5. The vehicle detecting method according to any one of claims 1 to 4, wherein connecting the wheel point and an opposite wheel point includes:

sorting the wheel points according to fractions;

6. The vehicle detection method according to any one of claims 1 to 5, wherein voting is performed on the obtained plurality of links, and the link having the highest vote count is taken as a wheel line, and the method includes:

7. A vehicle-mounted terminal characterized by comprising:

the wheel line identification module is used for extracting features of an input picture, inputting the input picture into a wheel point identification model obtained through pre-training, and predicting whether the input picture comprises wheel points and coordinates of the wheel points, wherein the wheel point identification model enables the input picture and corresponding type information whether pixel points in the input picture belong to the wheel points, and coordinate offset of each wheel point and coordinate offset of the opposite wheel point to be associated;

the wheel line voting module is used for connecting the wheel points with opposite wheel points, voting the obtained connecting lines and taking the connecting line with the highest vote number as a wheel line;

8. The in-vehicle terminal according to claim 7, characterized by further comprising:

the system comprises a sample set generation module, a training sample set generation module and a training analysis module, wherein the training sample set comprises a plurality of groups of sample data, and each group of sample data comprises a sample picture containing a wheel image, category information of whether a pixel point labeled in advance in a corresponding sample picture belongs to a wheel point or not and offset of each wheel point and an opposite wheel point;

and the model training module is used for training a pre-built deep neural network model based on the training sample set to obtain a wheel point identification model, and the wheel point identification model associates the sample pictures in each group of sample data with the class information of whether the pre-labeled pixel points in the corresponding sample pictures belong to wheel points or not and the offset of each wheel point and the opposite wheel point.

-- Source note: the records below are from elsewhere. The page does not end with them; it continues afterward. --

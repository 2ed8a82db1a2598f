-- ===== src/LimitResolver/Stored.antt =====
-- What SetLimit (mash-go/pkg/features/limit_resolver.go) leaves in the maps of the zones' values.
use mash.Base.{ℕ, ◌≡◌, refl, ap, ◌∙◌, Option, none, some, String, Option-cases, inl, inr}
use mash.Base.Int.{ℤ}
use mash.Base.GoMap.{GoMap, string_key, nat_key, lookup, insert, delete}
use mash.Zone.Value.{ZoneValue, new_value}
use mash.Zone.Value
use mash.EnergyControl.{Caller, SetLimitRequest}
use mash.LimitResolver.{
  LimitResolver, ensure_zone_index, store_consumption, store_production, clear_timers,
  clear_zone_locked,
}
use mash.LimitResolver.SetLimit.{duration_of, store_limits}

-- The steps around the write leave the other direction alone.
pub ensure_zone_index_consumption :
    (r : LimitResolver) (z : String)
    → (ensure_zone_index r z).0.consumption_limits ≡ r.consumption_limits
unfolding ensure_zone_index
ensure_zone_index_consumption r z = elim (Option-cases (lookup z r.zone_index_map)) [
  | inl e ↦ rw (e, ensure_zone_index)
  | inr (i, e) ↦ rw (e, ensure_zone_index)
]

pub store_production_consumption :
    (r : LimitResolver) (c : Caller) (idx dur : ℕ) (v : Option ℤ) (now : ℕ)
    → (store_production r c idx dur v now).consumption_limits ≡ r.consumption_limits
unfolding store_production
store_production_consumption r c idx dur none now = refl
store_production_consumption r c idx dur (some v) now = refl

ensure_zone_index_production :
    (r : LimitResolver) (z : String)
    → (ensure_zone_index r z).0.production_limits ≡ r.production_limits
unfolding ensure_zone_index
ensure_zone_index_production r z = elim (Option-cases (lookup z r.zone_index_map)) [
  | inl e ↦ rw (e, ensure_zone_index)
  | inr (i, e) ↦ rw (e, ensure_zone_index)
]

store_consumption_production :
    (r : LimitResolver) (c : Caller) (idx dur : ℕ) (v : Option ℤ) (now : ℕ)
    → (store_consumption r c idx dur v now).production_limits ≡ r.production_limits
unfolding store_consumption
store_consumption_production r c idx dur none now = refl
store_consumption_production r c idx dur (some v) now = refl

-- The values with the one that a zone asks for, if it does.
abbrev pub with_limit : Caller → Option ℤ → ℕ → ℕ → GoMap String ZoneValue → GoMap String ZoneValue
with_limit c none dur now values = values
with_limit c (some v) dur now values =
    insert c.zone_id (new_value c.zone_id c.zone_type v dur now) values

store_consumption_values :
    (r : LimitResolver) (c : Caller) (idx dur : ℕ) (o : Option ℤ) (now : ℕ)
    → (store_consumption r c idx dur o now).consumption_limits.values
      ≡ with_limit c o dur now r.consumption_limits.values
unfolding store_consumption Value.set
store_consumption_values r c idx dur none now = refl
store_consumption_values r c idx dur (some v) now = refl

store_production_values :
    (r : LimitResolver) (c : Caller) (idx dur : ℕ) (o : Option ℤ) (now : ℕ)
    → (store_production r c idx dur o now).production_limits.values
      ≡ with_limit c o dur now r.production_limits.values
unfolding store_production Value.set
store_production_values r c idx dur none now = refl
store_production_values r c idx dur (some v) now = refl

module _ (r : LimitResolver) (c : Caller) (req : SetLimitRequest) (now : ℕ) where
  abbrev dur : ℕ
  dur = duration_of req.duration

  pub store_limits-values :
      ((store_limits r c req now).consumption_limits.values
        ≡ with_limit c req.consumption_limit dur now r.consumption_limits.values)
      × ((store_limits r c req now).production_limits.values
          ≡ with_limit c req.production_limit dur now r.production_limits.values)
  unfolding store_limits
  store_limits-values = (
    ap (λ m. m.values) (store_production_consumption _ c _ _ req.production_limit now)
        ∙ store_consumption_values (ensure_zone_index r c.zone_id).0 c _ _ req.consumption_limit now
        ∙ ap (λ m. with_limit c req.consumption_limit dur now m.values)
            (ensure_zone_index_consumption r c.zone_id),
    store_production_values _ c _ _ req.production_limit now
        ∙ ap (λ m. with_limit c req.production_limit dur now m.values)
            (store_consumption_production (ensure_zone_index r c.zone_id).0 c _ _
              req.consumption_limit now)
        ∙ ap (λ m. with_limit c req.production_limit dur now m.values)
            (ensure_zone_index_production r c.zone_id),
  )

-- Clearing a zone takes its values out.
pub clear_zone_locked-values :
    (r : LimitResolver) (z : String)
    → ((clear_zone_locked r z).consumption_limits.values ≡ delete z r.consumption_limits.values)
      × ((clear_zone_locked r z).production_limits.values ≡ delete z r.production_limits.values)
unfolding clear_zone_locked clear_timers Value.clear
clear_zone_locked-values r z = elim (Option-cases (lookup z r.zone_index_map)) [
  | inl e ↦ (rw (e, clear_timers) refl, rw (e, clear_timers) refl)
  | inr (i, e) ↦ (rw (e, clear_timers) refl, rw (e, clear_timers) refl)
]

9. The vehicle-mounted terminal of claim 7, wherein the pre-trained wheel point recognition model comprises 5 channels (channels), and the 5 channels comprise 1 classification channel and 4 regression channels; the 1 classification channel is used for outputting a classification confidence map of the wheel points and is represented as a circular area with the coordinates of the wheel points as the center and a given radius; the regression channel is used for outputting two coordinate offsets of the current wheel point and two coordinate offsets of the opposite wheel point respectively.

10. The in-vehicle terminal according to any one of claims 8 to 9, wherein the wheel-line identifying module includes:

a suppressing unit for sorting the obtained candidate wheel points by scores and setting a non-maximum suppressing radius so that points whose distance is smaller than the radius are suppressed to obtain wheel points.